La vague de colère soulevée par l'attribution de 165 millions en primes aux dirigeants d'AIG a poussé hier le Congrès américain à voter une taxe spéciale qui permet au gouvernement américain de récupérer la quasi-totalité des sommes versées.

Les primes seront imposées à 90%, une mesure prise pour calmer la grogne populaire, qui menace de paralyser les efforts entrepris par la Maison-Blanche pour aider les entreprises jugées essentielles à la survie du système économique.

 

«Les gens ont dit «non», a scandé le représentant démocrate du Dakota-du-Nord, Earl Pomeroy, en Chambre après le vote. En fait, les gens ont dit «bordel, non!».»

Il a ajouté, en parlant des dirigeants d'AIG: «Vous êtes des perdants professionnels sans aucune crédibilité. Rendez-nous notre argent.» La totalité des démocrates de la Chambre ont voté en faveur de la résolution, alors que le vote républicain était partagé.
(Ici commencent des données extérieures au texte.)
-- ===== src/Update/Multicast.antt =====
-- The updates of changed destinations to all neighbors of an interface: eigrp_update_send and
-- eigrp_update_packetize_all of eigrpd/eigrp_update.c.
use eigrpd.Base.{
  ℕ, ◌+◌, Bool, true, false, not, Option, none, some, List, [], ◌∷◌, ltb, ◌==◌, if◌then◌else◌, u16,
  u32,
}
use eigrpd.LinkList.{LinkList}
use eigrpd.Stream.{StreamLib}
use eigrpd.State.{
  Prefix, M, pure, get, modify, expect, when, ◌>>=◌, ◌>>◌, load_route, load_prefix, load_intf,
  update_prefix,
}
use eigrpd.Filter.{Filters, FilterSet, update_prefix_apply}
use eigrpd.Neighbor.{split_horizon_check}
use eigrpd.Fsm.Event.{head?}
use eigrpd.Packetizer.{query_encoder_neighbor}
use eigrpd.Topology.{same_pointer}
use eigrpd.Session.{Wire, packet_mtu, authenticate}
use eigrpd.Update.Send.{
  tlv_max_ipv4, Chunk, free_packet, send_to_all_nbrs, chunk_new, seal_multicast, put_route,
}

-- The packet, and `has_tlv`.
pub record Changes : Type 0 where
  pub chunk : Chunk
  pub has_tlv : Bool

module _ (wire : Wire) where
  -- The packet is full: it is sent, and filled further as it is.
  unfoldable pub send_full : ℕ → Changes → M Changes
  send_full ei c = do
    let k = c.chunk
    seal_multicast wire ei k.packet k.length k.seq_no
    send_to_all_nbrs ei k.packet
    length ← authenticate wire ei k.packet
    pure (record {
      chunk = record k { seq_no = u32 (k.seq_no + 1); length = u16 (k.length + length) };
      has_tlv = false;
    })

  -- What has a TLV is sent, anything else freed.
  unfoldable pub send_rest : ℕ → Changes → M (Unit {0})
  send_rest ei c =
      if c.has_tlv
      then (get >>= λ w.
          seal_multicast wire ei c.chunk.packet c.chunk.length w.sequence_number
          >> send_to_all_nbrs ei c.chunk.packet
          >> modify (λ v. record v { sequence_number = c.chunk.seq_no }))
      else free_packet c.chunk.packet

module _ ⦃sl : StreamLib⦄ (filters : Filters) (eigrp_out : FilterSet) (intf_out : ℕ → FilterSet)
    (router_id : ℕ) (wire : Wire) where
  -- A route that no filter denies is encoded.
  unfoldable pub change_put : ℕ → Prefix → ℕ → Changes → M Changes
  change_put ei d route c =
      if update_prefix_apply filters eigrp_out (intf_out ei) d.destination
      then pure c
      else (load_intf ei >>= λ i.
          put_route filters eigrp_out intf_out router_id i.encoder ei c.chunk.packet route
          >>= λ length. pure (
              if length == 0 then c else record {
                chunk = record c.chunk { length = u16 (c.chunk.length + length) };
                has_tlv = true;
              }))

  -- A destination that wants an update: its first route, unless that came from the interface.
  unfoldable pub change_route : ℕ → ℕ → Prefix → Changes → M Changes
  change_route mtu ei d c = do
    route ← expect (head? d.entries)
    r ← load_route route
    (if split_horizon_check r ei
        then pure c
        else ((if ltb mtu (c.chunk.length + tlv_max_ipv4) then send_full wire ei c else pure c)
            >>= λ room. change_put ei d route room))

  unfoldable pub changes_from : ℕ → ℕ → List ℕ → Changes → M Changes
  changes_from mtu ei [] c = pure c
  changes_from mtu ei (p ∷ ps) c = do
    d ← load_prefix p
    next ← if d.need_update then change_route mtu ei d c else pure c
    changes_from mtu ei ps next

  -- eigrp_update_send: nothing on an interface without neighbors.
  unfoldable pub update_send : ℕ → M (Unit {0})
  update_send ei = do
    i ← load_intf ei
    elim i.nbrs [
      | [] ↦ pure tt
      | _ ∷ _ ↦ do
        w ← get
        first ← chunk_new wire (u16 (packet_mtu i.mtu)) none ei 0 w.sequence_number 0
        last ←
            changes_from (u16 (packet_mtu i.mtu)) ei w.topology_changes
              (record { chunk = first; has_tlv = false })
        send_rest wire ei last
    ]

  -- An interface with a neighbor that is up, but for the exception.
  unfoldable pub packetize_intf : Option ℕ → ℕ → M (Unit {0})
  packetize_intf exception ei =
      if same_pointer exception ei
      then pure tt
      else (load_intf ei >>= λ i. query_encoder_neighbor i.nbrs >>= λ nbr. elim nbr [
        | none ↦ pure tt
        | some _ ↦ update_send ei
      ])

  unfoldable pub packetize_from : Option ℕ → List ℕ → M (Unit {0})
  packetize_from exception [] = pure tt
  packetize_from exception (ei ∷ eis) = do packetize_intf exception ei; packetize_from exception eis

module _ ⦃ll : LinkList⦄ where
  -- A destination whose update has been packetized; it stays in the list while it wants a query.
  unfoldable pub updated : ℕ → M (Unit {0})
  updated p = do
    d ← load_prefix p
    when d.need_update do
      update_prefix p (λ e. record e { need_update = false })
      when (not d.need_query)
          (modify (λ w. record w { topology_changes = ll.delete w.topology_changes p }))

  unfoldable pub updated_from : List ℕ → M (Unit {0})
  updated_from [] = pure tt
  updated_from (p ∷ ps) = do updated p; updated_from ps

  module _ ⦃sl : StreamLib⦄ (filters : Filters) (eigrp_out : FilterSet) (intf_out : ℕ → FilterSet)
      (router_id : ℕ) (wire : Wire) where
    -- eigrp_update_packetize_all
    unfoldable pub packetize_all : Option ℕ → M (Unit {0})
    packetize_all exception = do
      w ← get
      packetize_from filters eigrp_out intf_out router_id wire exception w.eiflist
      v ← get
      updated_from v.topology_changes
La Maison-Blanche a publié un communiqué stipulant que le vote «traduit bien la colère que les citoyens ressentent face à ces primes. En fin de compte, cela est le symptôme d'un problème plus important: l'explosion d'une bulle qui a récompensé la spéculation irresponsable. C'est ce que nous devons réparer.»

Au même moment, des milliers d'Américains ont manifesté devant les bureaux d'AIG à Washington, New York, Miami et Los Angeles, réclamant la fin de «l'avidité des entreprises» et appelant les dirigeants d'AIG à démissionner.

Pour Jamie Leland, membre du mouvement progressiste MoveOn.org à Los Angeles, le but des manifestations est de rappeler aux géants déchus de la haute finance qu'ils doivent désormais rendre des comptes à la population.

«Leur avarice a mené l'économie mondiale au bord du précipice. Aujourd'hui, leur expérience a pris fin, et ce sont les contribuables qui les gardent en vie. Ils doivent comprendre que le monde a changé. Ce ne sont plus eux qui dictent les règles», a-t-il dit.

La Maison-Blanche déconnectée?

La fureur entourant les primes d'AIG ne semble pas perturber la Maison-Blanche. Le conseiller spécial du président, David Axelrod, a minimisé l'affaire, hier, en affirmant que «les gens ne s'assoient pas à leur table de cuisine pour parler d'AIG. Ils ont peur pour leur propre emploi.»

Pourtant, un sondage Gallup dévoilé hier montre que 88% des Américains sont «troublés» par les primes d'AIG, et disent suivre l'histoire de près.

De passage à Los Angeles, le président Barack Obama ne s'est pas attardé sur le scandale d'AIG, mais a cherché à donner de l'espoir aux gens venus l'entendre.

«Je ne peux vous dire si nous allons nous sortir du marasme économique dans quelques mois ou quelques années, mais je peux vous dire que nous allons en sortir plus forts que jamais», a dit le président, chaudement applaudi.

Barack Obama est apparu devant un auditoire d'un millier de personnes en compagnie d'Arnold Schwarzenegger, l'un des rares républicains à appuyer publiquement ses politiques.

Après son discours, le président s'est rendu à Burbank, au nord de Los Angeles, pour y enregistrer une émission du Tonight Show, animé par Jay Leno.

Le passage du président à l'émission de variétés a été dénoncé hier, par les républicains, qui accusent Obama de se laisser distraire alors que l'économie est en péril.

Le stratège démocrate Dan Gerstein a dit ne pas voir d'inconvénient à ce qu'Obama rende visite à Leno. «Je crois qu'il tente de projeter un air de normalité, de rassurer les gens qui travaillent fort, de dire qu'il ne faut pas paniquer. Dans la mesure où il ne fait pas quelque chose de déplacé, cela va être bien reçu.»

Le président risque de devoir aborder la question d'AIG sur le plateau de Leno.

L'animateur fait régulièrement des blagues sur les banques et l'économie. L'une des plus récentes: «L'économie va si mal que, l'autre jour, des voleurs sont entrés dans une banque et ont demandé le chemin pour le dépanneur le plus près.»